Rural Hospitals Forge Alliances to Maintain Independence Amidst Consolidation Wave
BOWMAN, N.D. - Facing increasing pressure from large health systems seeking acquisition, a growing number of rural hospitals are banding together in networks to preserve local control and access to care, a strategy offering a potential lifeline for communities increasingly vulnerable to service cuts and job losses. The collaborative approach, spearheaded by organizations like Cibolo Health and the Rough Rider Network, allows smaller hospitals to pool resources, negotiate better rates, and proactively address preventative care gaps – all while remaining self-reliant.

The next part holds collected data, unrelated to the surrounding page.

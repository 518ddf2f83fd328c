-- ===== src/Agent/Partition/Accepted.antt =====
-- internal/agent/agent.go, internal/agent/outbox.go and internal/model/ingest.go together: what
-- `enqueueEvents` does to the outbox, and which of the outbox's refusals it never meets.
use omni_token.Prelude.{
  ℕ, suc, ◌+◌, ◌≤◌, false, List, [], ◌∷◌, ◌++◌, ◌≡◌, refl, sym, ap, ◌∙◌, inl, inr, arith, subst,
  All, Pairs, length,
}
use omni_token.Fallible.{Fallible-cases, ok, err, ◌>>=◌}
use omni_token.Model.Event.{Event}
use omni_token.Model.Envelope.{IngestEnvelopeV2, max_ingest_batch_events, is_nil}
use omni_token.Model.Envelope.Accept.{OtherEvent}
use omni_token.Agent.Outbox.{
  Bytes, OutboxError, full, exhausted, constraint, conflict, too_large, empty, invalid_ack,
  undecodable, invalid_envelope, Outbox, max_uint64, enqueue_many_next,
}
use omni_token.Agent.Outbox.Order.{numbered, sent_rows, enqueue_many_next-sends}
use omni_token.Agent.Partition.{
  Stamp, Attempt, AgentError, no_random, unfinished, of_queue, of_result,
  collapse_repeated_event_ids, partition_event_envelopes, enqueue_events,
}
use omni_token.Agent.Partition.Whole.{
  carried, IsPart, Reason, Covers, Ended, partition_event_envelopes-Ended,
}
use omni_token.Agent.Partition.Collapse.{collapse-first}
use omni_token.Agent.Partition.Acceptable.{
  All-carried, Pairs-carried, length-carried, IsEnrolled, IsScanned, Good, Named, Owned,
}
use omni_token.Agent.Partition.Refusals.{
  IsRoomOrId, IsWidest, Sendable, part-Sendable, of_err, enqueue_many_next-Queues,
}

numbered-carried : (k : ℕ) (es : List IngestEnvelopeV2) → carried (numbered k es) ≡ carried es
unfolding numbered
numbered-carried k [] = refl
numbered-carried k (e ∷ es) = ap (λ vs. e.events ++ vs) (numbered-carried (suc k) es)

length-numbered : (k : ℕ) (es : List IngestEnvelopeV2) → length (numbered k es) ≡ length es
unfolding numbered
length-numbered k [] = refl
length-numbered k (e ∷ es) = omega (arith, length-numbered (suc k) es)

module _ (marshal : IngestEnvelopeV2 → Bytes) (s : Stamp) where
  all_parts :
      (send : (e : IngestEnvelopeV2) → IsPart marshal s e → Good s e.events → Sendable marshal e)
      (es : List IngestEnvelopeV2)
      → All (IsPart marshal s) es
      → All (λ e. is_nil e.events ≡ false) es
      → All (λ e. length e.events ≤ max_ingest_batch_events) es
      → All (λ e. All Named e.events) es
      → All (λ e. All (Owned s) e.events) es
      → All (λ e. Pairs OtherEvent e.events) es
      → All (Sendable marshal) es
  all_parts send [] parts filled bounded named owned apart = tt
  all_parts send (e ∷ es) parts filled bounded named owned apart =
      let scanned : IsScanned s e.events = record {
        some_event = filled.0;
        bounded = bounded.0;
        named = named.0;
        owned = owned.0;
      } in
      (
        send e parts.0 (scanned, apart.0),
        all_parts send es parts.1 filled.1 bounded.1 named.1 owned.1 apart.1,
      )

  parts-Sendable :
      IsWidest marshal
      → IsEnrolled s
      → (es : List Event) (r : List IngestEnvelopeV2 × ℕ) → Good s es
      → Covers marshal s es r
      → All (Sendable marshal) r.0
  parts-Sendable widest enrolled es r (good, distinct) covers =
      let bounded = length-carried max_ingest_batch_events r.0 (rw covers.whole good.bounded) in
      let named = All-carried Named r.0 (rw covers.whole good.named) in
      let owned = All-carried (Owned s) r.0 (rw covers.whole good.owned) in
      let apart = Pairs-carried r.0 (rw covers.whole distinct) in
      all_parts (part-Sendable marshal widest s enrolled) r.0 covers.parts
        (covers.filled good.some_event) bounded named owned apart

  -- Why an upload of events stops short of the queue.
  abbrev pub Refusal : AgentError → Type 0
  Refusal (of_queue too_large) = Reason marshal s (of_queue too_large)
  Refusal (of_queue why) = IsRoomOrId why
  Refusal why = Reason marshal s why

  abbrev pub Enqueued : ℕ → List Event → Outbox → Attempt (List IngestEnvelopeV2 × Outbox) → Type 0
  Enqueued now es o (err why) = Refusal why
  Enqueued now es o (ok r) =
      (carried r.0 ≡ collapse_repeated_event_ids es)
      × (r.1.batches ≡ o.batches ++ sent_rows marshal now r.0)
      × (r.1.last_sequence ≡ o.last_sequence + length r.0)

  IsRoomOrId-Refusal : (why : OutboxError) → IsRoomOrId why → Refusal (of_queue why)
  IsRoomOrId-Refusal full h = h
  IsRoomOrId-Refusal exhausted h = h
  IsRoomOrId-Refusal constraint h = h
  IsRoomOrId-Refusal empty h = h
  IsRoomOrId-Refusal conflict h = h
  IsRoomOrId-Refusal too_large h = elim h [ ]
  IsRoomOrId-Refusal invalid_ack h = h
  IsRoomOrId-Refusal undecodable h = h
  IsRoomOrId-Refusal (invalid_envelope code) h = h

  queue-Enqueued :
      (now : ℕ) (es : List Event) (o : Outbox) (parts : List IngestEnvelopeV2)
      → o.last_sequence ≤ max_uint64
      → carried parts ≡ collapse_repeated_event_ids es
      → All (Sendable marshal) parts
      → Enqueued now es o (of_result (enqueue_many_next marshal now parts o))
  queue-Enqueued now es o parts bound whole send =
      elim (Fallible-cases (enqueue_many_next marshal now parts o)) [
        | inl (r, done) ↦
            let (envelopes, rows, counted) = enqueue_many_next-sends marshal now parts o done in
            let same = ap length envelopes in
            let many = length-numbered o.last_sequence parts in
            rw done (
              ap carried envelopes ∙ numbered-carried o.last_sequence parts ∙ whole,
              rows,
              omega (arith, counted, same, many),
            )
        | inr (why, failed) ↦
            let left = of_err _ failed (enqueue_many_next-Queues marshal now parts o bound send) in
            rw failed (IsRoomOrId-Refusal why left)
      ]

  after_partition :
      (now : ℕ) (es : List Event) (o : Outbox)
      → o.last_sequence ≤ max_uint64
      → ((r : List IngestEnvelopeV2 × ℕ)
          → Covers marshal s (collapse_repeated_event_ids es) r
          → All (Sendable marshal) r.0)
      → (parts : Attempt (List IngestEnvelopeV2 × ℕ))
      → Ended marshal s (collapse_repeated_event_ids es) parts
      → Enqueued now es o (parts >>= λ r. of_result (enqueue_many_next marshal now r.0 o))
  after_partition now es o bound send (ok r) covers =
      queue-Enqueued now es o r.0 bound covers.whole (send r covers)
  after_partition now es o bound send (err no_random) reason = reason
  after_partition now es o bound send (err unfinished) reason = reason
  after_partition now es o bound send (err (of_queue why)) (large, e) =
      subst (λ w. Refusal (of_queue w)) (sym large) (refl, e)

  -- For an enrolled agent and an encoding that no smaller sequence makes longer, `enqueueEvents` of
  -- events that collapse to 1 to 2000 named events of the device appends envelopes that carry the
  -- collapsed events in order, or it stops because the random source failed, an envelope of at most one event is over
  -- the limit, or the queue has no room, no sequence left, or the batch id already. The hub's
  -- validation, which the outbox runs first, refuses none of the envelopes.
  pub enqueue_events-Enqueued :
      (now n : ℕ) (es : List Event) (o : Outbox)
      → IsWidest marshal
      → IsEnrolled s
      → IsScanned s (collapse_repeated_event_ids es)
      → o.last_sequence ≤ max_uint64
      → Enqueued now es o (enqueue_events marshal s now n es o)
  unfolding enqueue_events
  enqueue_events-Enqueued now n es o widest enrolled scanned bound =
      let kept = collapse_repeated_event_ids es in
      let distinct = (collapse-first es).0 in
      after_partition now es o bound
        (λ r covers. parts-Sendable widest enrolled kept r (scanned, distinct) covers)
        (partition_event_envelopes marshal s (suc (length kept)) n kept)
        (partition_event_envelopes-Ended marshal s (suc (length kept)) n kept (omega arith))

The trend comes as rural hospitals nationwide grapple with financial instability and dwindling patient volumes. Many have been forced to consider mergers or acquisitions by larger,often urban-based,health systems,raising concerns about the future of healthcare in these communities. Unlike acquisitions, these networks aim to bolster existing services and maintain local decision-making, offering a different path to sustainability.
Gabby Wilkie, finance director at St.Kateri hospital in Rolla, North Dakota, explained that Caret Health staff proactively contacted patients behind on annual checkups, screenings, and vaccinations, emphasizing the importance of preventative care before scheduling appointments. “To be honest, we didn’t have the resources to reach out,” Wilkie said, noting the hospital estimates it would have cost $300,000 to conduct similar outreach to 1,000 patients. The partnership with Caret Health, funded in part by Cibolo Health and the Rough Rider Network, is projected to generate over $100,000 in revenue as those patients receive care.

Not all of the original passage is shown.